# CCK, Old Hickory & in-laws



## CompE (Dec 17, 2012)

My Chinese in-laws recently visited, and I was very surprised that my mother-in-law was familiar with CCK. She had told me that when she was living in Hong Kong ~40 years ago, CCK was a very famous knife company. Somehow, I had thought that they were just some niche maker that the knife nuts came across, yet my mother-in-law who couldn't tell me the name of any other knife company anywhere, recognized my CCK.

My in-laws have long known for a while to avoid any knife in my kitchen with a wa handle and they avoided my new CCK. But since their last visit, I also bought a new Old Hickory 7" butcher's knife. I bought it to replace a 30+ year-old version of the same knife that my wife had taken with her to college. The old knife is badly rusted and the edge profile has a 1/4" divot 1" from the heel where someone had repeatedly banged it into a sharpening steel. The new version of the knife cost me ~$10 and about 10 hours work so far. Being carbon steel I got the edge to shaving sharp. My mother-in-law recognized the new one as the old one that used to be in her kitchen and she used it to make stuffed eggplant. My mother-in-law's method for measuring the depth of the split has always been to use her finger to feel the edge of the knife when it made it to the right depth. As you could probably imagine, she didn't realize that she had a deep cut in her finger until she reached for the second piece and saw that she was bleeding all over it. I only found out about it after she had already bandaged herself up and was asking me to identify the dull knives in the block.

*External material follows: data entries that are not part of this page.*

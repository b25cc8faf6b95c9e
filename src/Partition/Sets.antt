-- ===== src/Partition/Sets.antt =====
-- SCCDAGPartition of SCCDAGPartition.cpp. SCCs and sets are pointers; a set that was deleted is `none`
-- on the heap. `none` as a result is a failed assertion or lookup, a dereference of something
-- deleted, or an element of an empty set.
use noelle_public.Dg.Store.{Dg}
use noelle_public.Dg.Node.{get_src, get_dst}
use noelle_public.Dg.Build.{add_node, fetch_node, add_undefined_dependence_edge}
use noelle_public.Dg.Remove.{remove_node}
use noelle_public.Dg.Query.{fetch_edges}
use noelle_public.Prelude.{
  ℕ, ◌+◌, lookup, assign, Bool, true, false, Option, none, some, List, [], ◌∷◌, insert, ◌==◌,
  if◌then◌else◌, ◌>>=◌,
}

pub record Partition : Type 0 where
  pub graph : Dg
  pub sets : ℕ → Option (List ℕ)
  pub scc_to_set : List (ℕ × ℕ)
  pub next_set : ℕ

unfoldable pub is_included_in_partitioning : Partition → ℕ → Bool
unfolding lookup
is_included_in_partitioning q scc = elim (lookup scc q.scc_to_set) [ none ↦ false | some s ↦ true ]

unfoldable pub set_of_scc : Partition → ℕ → Option ℕ
unfolding lookup
set_of_scc q scc = lookup scc q.scc_to_set

unfoldable pub map_all : ℕ → List ℕ → List (ℕ × ℕ) → List (ℕ × ℕ)
unfolding assign
map_all set [] m = m
map_all set (scc ∷ sccs) m = map_all set sccs (assign scc set m)

unfoldable pub insert_each : List ℕ → List ℕ → List ℕ
insert_each [] s = s
insert_each (x ∷ xs) s = insert_each xs (insert x s)

-- The first loop of mergeSets: the SCCs of the merged set, and the map.
unfoldable pub gather :
    Partition → ℕ → List ℕ → List ℕ × List (ℕ × ℕ) → Option (List ℕ × List (ℕ × ℕ))
unfolding map_all insert_each
gather q merged [] s = some s
gather q merged (set ∷ sets) (sccs, m) = do
  members ← q.sets set
  gather q merged sets (insert_each members sccs, map_all merged members m)

-- Whether the SCCs of a set were merged, judged by one of them.
unfoldable pub is_merged : Partition → ℕ → ℕ → Option Bool
unfolding lookup
is_merged q merged set = do
  members ← q.sets set
  elim members [ [] ↦ none | any ∷ rest ↦ do s ← lookup any q.scc_to_set; some (s == merged) ]

-- One edge between two sets, whose nodes are given, unless there is one.
unfoldable pub join_sets : Partition → ℕ → Option ℕ → ℕ → Option ℕ → Option Partition
unfolding fetch_edges add_undefined_dependence_edge
join_sets q from r₁ to r₂ = do
  n₁ ← r₁
  n₂ ← r₂
  between ← fetch_edges q.graph n₁ n₂
  elim between [
    | [] ↦ do (g, e) ← add_undefined_dependence_edge q.graph from to; some (record q { graph = g })
    | e ∷ rest ↦ some q
  ]

-- `node` is the node of the merged set.
unfoldable pub transfer_incoming : Partition → ℕ → ℕ → List ℕ → Option Partition
unfolding get_src is_merged join_sets fetch_node
transfer_incoming q merged node [] = some q
transfer_incoming q merged node (e ∷ es) = do
  parent ← get_src q.graph e
  let (g, r) = fetch_node q.graph parent
  let q₁ = record q { graph = g }
  inside ← is_merged q₁ merged parent
  q₂ ← (if inside then some q₁ else join_sets q₁ parent r merged (some node))
  transfer_incoming q₂ merged node es

unfoldable pub transfer_outgoing : Partition → ℕ → ℕ → List ℕ → Option Partition
unfolding get_dst is_merged join_sets fetch_node
transfer_outgoing q merged node [] = some q
transfer_outgoing q merged node (e ∷ es) = do
  child ← get_dst q.graph e
  let (g, r) = fetch_node q.graph child
  let q₁ = record q { graph = g }
  inside ← is_merged q₁ merged child
  q₂ ← (if inside then some q₁ else join_sets q₁ merged (some node) child r)
  transfer_outgoing q₂ merged node es

unfoldable pub transfer_edges : Partition → ℕ → ℕ → List ℕ → Option Partition
unfolding fetch_node transfer_incoming transfer_outgoing
transfer_edges q merged node [] = some q
transfer_edges q merged node (set ∷ sets) = do
  let (g, r) = fetch_node q.graph set
  p ← r
  n ← g.nodes p
  q₁ ← transfer_incoming (record q { graph = g }) merged node n.incoming
  n' ← q₁.graph.nodes p
  q₂ ← transfer_outgoing q₁ merged node n'.outgoing
  transfer_edges q₂ merged node sets

unfoldable pub delete_sets : Partition → List ℕ → Option Partition
unfolding fetch_node remove_node
delete_sets q [] = some q
delete_sets q (set ∷ sets) = do
  let (g, r) = fetch_node q.graph set
  p ← r
  g' ← remove_node g p
  delete_sets (record q { graph = g'; sets = λ s. if s == set then none else q.sets s }) sets

unfoldable pub merge_sets : Partition → List ℕ → Option Partition
unfolding gather add_node transfer_edges delete_sets
merge_sets q sets = do
  let merged = q.next_set
  (sccs, m) ← gather q merged sets ([], q.scc_to_set)
  let (g, p) = add_node q.graph merged true
  q₁ ←
      transfer_edges
        (record {
          graph = g;
          sets = λ s. if s == merged then some sccs else q.sets s;
          scc_to_set = m;
          next_set = merged + 1;
        })
        merged p sets
  delete_sets q₁ sets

BTW, back to CCK, I've only been able to find a select variety of their knives and I came across this site in China that ships worldwide:
http://www.chefsmall.net/Chinese-Knives
They carry every cleaver and butcher's knife on the CCK "Chinese Knife" webpage, and a couple of other knives that are not.


----------



## snowbrother (Dec 17, 2012)

I think I love you now. There have been a couple of their knives that I haven't been able to find anywhere. Thank you for posting this.


----------



## chinacats (Dec 17, 2012)

Nice, thanks!


----------



## EdipisReks (Dec 17, 2012)

CompE said:


> My mother-in-law's method for measuring the depth of the split has always been to use her finger to feel the edge of the knife when it made it to the right depth.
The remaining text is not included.